# INPUT MATERIAL
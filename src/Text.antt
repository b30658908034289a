-- ===== src/Text.antt =====
-- Go's `strings` and `strconv` functions that the modelled packages call, over bytes. Texts are
-- ASCII where white space is trimmed: Go also trims the other white space of Unicode.
pub mod Decimal
pub mod Laws
use sql_ai_tools.Prelude.{
  ℕ, zero, suc, Bool, true, false, ◌&&◌, ◌||◌, List, [], ◌∷◌, ◌++◌, Option, none, some, Bytes, ltb,
  leb, ◌==◌, if◌then◌else◌, drop, length,
}

-- `s == t` on strings.
unfoldable pub bytes_eq : Bytes → Bytes → Bool
bytes_eq [] [] = true
bytes_eq [] (c ∷ t) = false
bytes_eq (c ∷ s) [] = false
bytes_eq (c ∷ s) (d ∷ t) = c == d && bytes_eq s t

-- `strings.HasPrefix(s, prefix)`.
unfoldable pub has_prefix : Bytes → Bytes → Bool
has_prefix s [] = true
has_prefix [] (p ∷ prefix) = false
has_prefix (c ∷ s) (p ∷ prefix) = c == p && has_prefix s prefix

-- `strings.TrimPrefix(s, prefix)`.
unfoldable pub trim_prefix : Bytes → Bytes → Bytes
trim_prefix s prefix = if has_prefix s prefix then drop (length prefix) s else s

-- `strings.HasSuffix` and `strings.TrimSuffix(s, suffix)`: the text that `suffix` ends is found by
-- walking its tails.
unfoldable pub trim_suffix : Bytes → Bytes → Bytes
unfolding bytes_eq
trim_suffix [] suffix = []
trim_suffix (c ∷ s) suffix =
    let rest = trim_suffix s suffix in if bytes_eq (c ∷ s) suffix then [] else c ∷ rest

-- `strings.Split(s, sep)` for a separator of one byte.
unfoldable pub split_at : ℕ → Bytes → Bytes × List Bytes
split_at sep [] = ([], [])
split_at sep (c ∷ s) =
    let (first, rest) = split_at sep s in if c == sep then ([], first ∷ rest) else (c ∷ first, rest)

unfoldable pub split : ℕ → Bytes → List Bytes
unfolding split_at
split sep s = let (first, rest) = split_at sep s in first ∷ rest

unfoldable pub is_space : ℕ → Bool
is_space c = (leb 9 c && leb c 13) || c == 32

unfoldable pub trim_left : Bytes → Bytes
unfolding is_space
trim_left [] = []
trim_left (c ∷ s) = let rest = trim_left s in if is_space c then rest else c ∷ s

unfoldable pub trim_right : Bytes → Bytes
unfolding is_space
trim_right [] = []
trim_right (c ∷ s) = keep c (trim_right s)
  where
    keep : ℕ → Bytes → Bytes
    keep c [] = if is_space c then [] else c ∷ []
    keep c (d ∷ t) = c ∷ d ∷ t

-- `strings.TrimSpace`.
unfoldable pub trim_space : Bytes → Bytes
unfolding trim_left trim_right
trim_space s = trim_right (trim_left s)

-- An index in a text, by whether one starts at its first byte and by the index in the rest.
abbrev pub first_index : Bool → Option ℕ → Option ℕ
first_index true later = some 0
first_index false none = none
first_index false (some k) = some (suc k)

-- `strings.Index(s, sub)`.
unfoldable pub index : Bytes → Bytes → Option ℕ
unfolding has_prefix
index [] sub = first_index (has_prefix [] sub) none
index (c ∷ s) sub = first_index (has_prefix (c ∷ s) sub) (index s sub)
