-- ===== src/Position.antt =====
-- internal/diag/position.go: positions of errors in the caller's text. Texts are bytes. An offset
-- that may be negative is an integer; `nil` is `none`.
pub mod Lines
use sql_ai_tools.Prelude.{
  ℕ, zero, suc, ◌+◌, ◌-◌, Bool, true, false, [], ◌∷◌, Option, none, some, Bytes, codes, length,
  take, drop, ltb, ◌==◌, if◌then◌else◌,
}
use sql_ai_tools.Prelude.Int.{ℤ, pos, negsuc}
use sql_ai_tools.Text.{has_prefix}

-- `output.Position`.
pub record Position : Type 0 where
  pub line : ℕ
  pub column : ℕ
  pub byte_offset : ℕ

-- `strings.Count(s, "\n")`.
unfoldable pub count_newlines : Bytes → ℕ
count_newlines [] = 0
count_newlines (c ∷ s) = let n = count_newlines s in if c == 10 then suc n else n

abbrev pub here_or_later : Bool → Option ℕ → Option ℕ
here_or_later b (some k) = some (suc k)
here_or_later true none = some 0
here_or_later false none = none

-- `strings.LastIndex(s, sub)`.
unfoldable pub last_index : Bytes → Bytes → Option ℕ
last_index [] sub = if has_prefix [] sub then some 0 else none
last_index (c ∷ s) sub = here_or_later (has_prefix (c ∷ s) sub) (last_index s sub)

-- `strings.IndexByte(s, b)`.
unfoldable pub index_byte : Bytes → ℕ → Option ℕ
index_byte [] b = none
index_byte (c ∷ s) b = let later = index_byte s b in if c == b then some 0 else bump later
  where
    bump : Option ℕ → Option ℕ
    bump none = none
    bump (some k) = some (suc k)

unfoldable pub clamp : ℕ → ℕ → ℕ
clamp offset limit = if ltb limit offset then limit else offset

unfoldable pub column_of : Option ℕ → ℕ → ℕ
column_of none offset = offset + 1
column_of (some last_nl) offset = offset - last_nl

-- `lineColumn`, at an offset from 0 on.
unfoldable pub line_column : Bytes → ℕ → ℕ × ℕ
unfolding clamp count_newlines last_index column_of
line_column sql byte_offset =
    let at = clamp byte_offset (length sql) in
    let prefix = take at sql in
    (count_newlines prefix + 1, column_of (last_index prefix (10 ∷ [])) at)

unfoldable pub position_at : Bytes → ℕ → Position
unfolding line_column
position_at sql offset =
    let (line, col) = line_column sql offset in
    record { line = line; column = col; byte_offset = offset }

-- `PositionFromByteOffset`.
unfoldable pub position_from_byte_offset : Bytes → ℤ → Option Position
unfolding position_at
position_from_byte_offset sql (negsuc n) = none
position_from_byte_offset sql (pos offset) = some (position_at sql offset)

-- `AdjustPosition`.
unfoldable pub adjust_position : Option Position → Bytes → (ℕ → ℕ) → Option Position
unfolding position_at
adjust_position none original translate = none
adjust_position (some p) original translate = some (position_at original (translate p.byte_offset))

abbrev pub detail_prefix : Bytes
detail_prefix = codes "source SQL:\n"

-- The offset of the caret in the statement's fragment.
fragment_offset : Option ℕ → ℕ → ℕ
fragment_offset none caret = caret
fragment_offset (some last_nl) caret = last_nl + 1 + caret

located : Bytes → Option ℕ → ℕ → Option Position
unfolding position_at
located sql none offset = none
located sql (some start) offset = some (position_at sql (start + offset))

with_caret : Bytes → Bytes → Option ℕ → Option Position
unfolding located fragment_offset last_index
with_caret fragment sql none = none
with_caret fragment sql (some caret) =
    located sql (last_index sql fragment) (fragment_offset (last_index fragment (10 ∷ [])) caret)

with_body : Bytes → Bytes → Option ℕ → Option Position
unfolding with_caret index_byte
with_body body sql none = none
with_body body sql (some last_nl) =
    with_caret (take last_nl body) sql (index_byte (drop (last_nl + 1) body) b'^')

-- `ExtractPosition`, with `caretColumn` as `IndexByte`.
unfoldable pub extract_position : Bytes → Bytes → Option Position
unfolding with_body last_index
extract_position detail sql =
    let body = drop (length detail_prefix) detail in
    if has_prefix detail detail_prefix then with_body body sql (last_index body (10 ∷ [])) else none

# WHAT IS REQUIRED
Set down, from the entries above, exactly the lines from the one with "-- An index" up to and including the one with "index [] sub = first_index", and no other lines.

# RESULT FOR THIS EXERCISE
-- An index in a text, by whether one starts at its first byte and by the index in the rest.
abbrev pub first_index : Bool → Option ℕ → Option ℕ
first_index true later = some 0
first_index false none = none
first_index false (some k) = some (suc k)

-- `strings.Index(s, sub)`.
unfoldable pub index : Bytes → Bytes → Option ℕ
unfolding has_prefix
index [] sub = first_index (has_prefix [] sub) none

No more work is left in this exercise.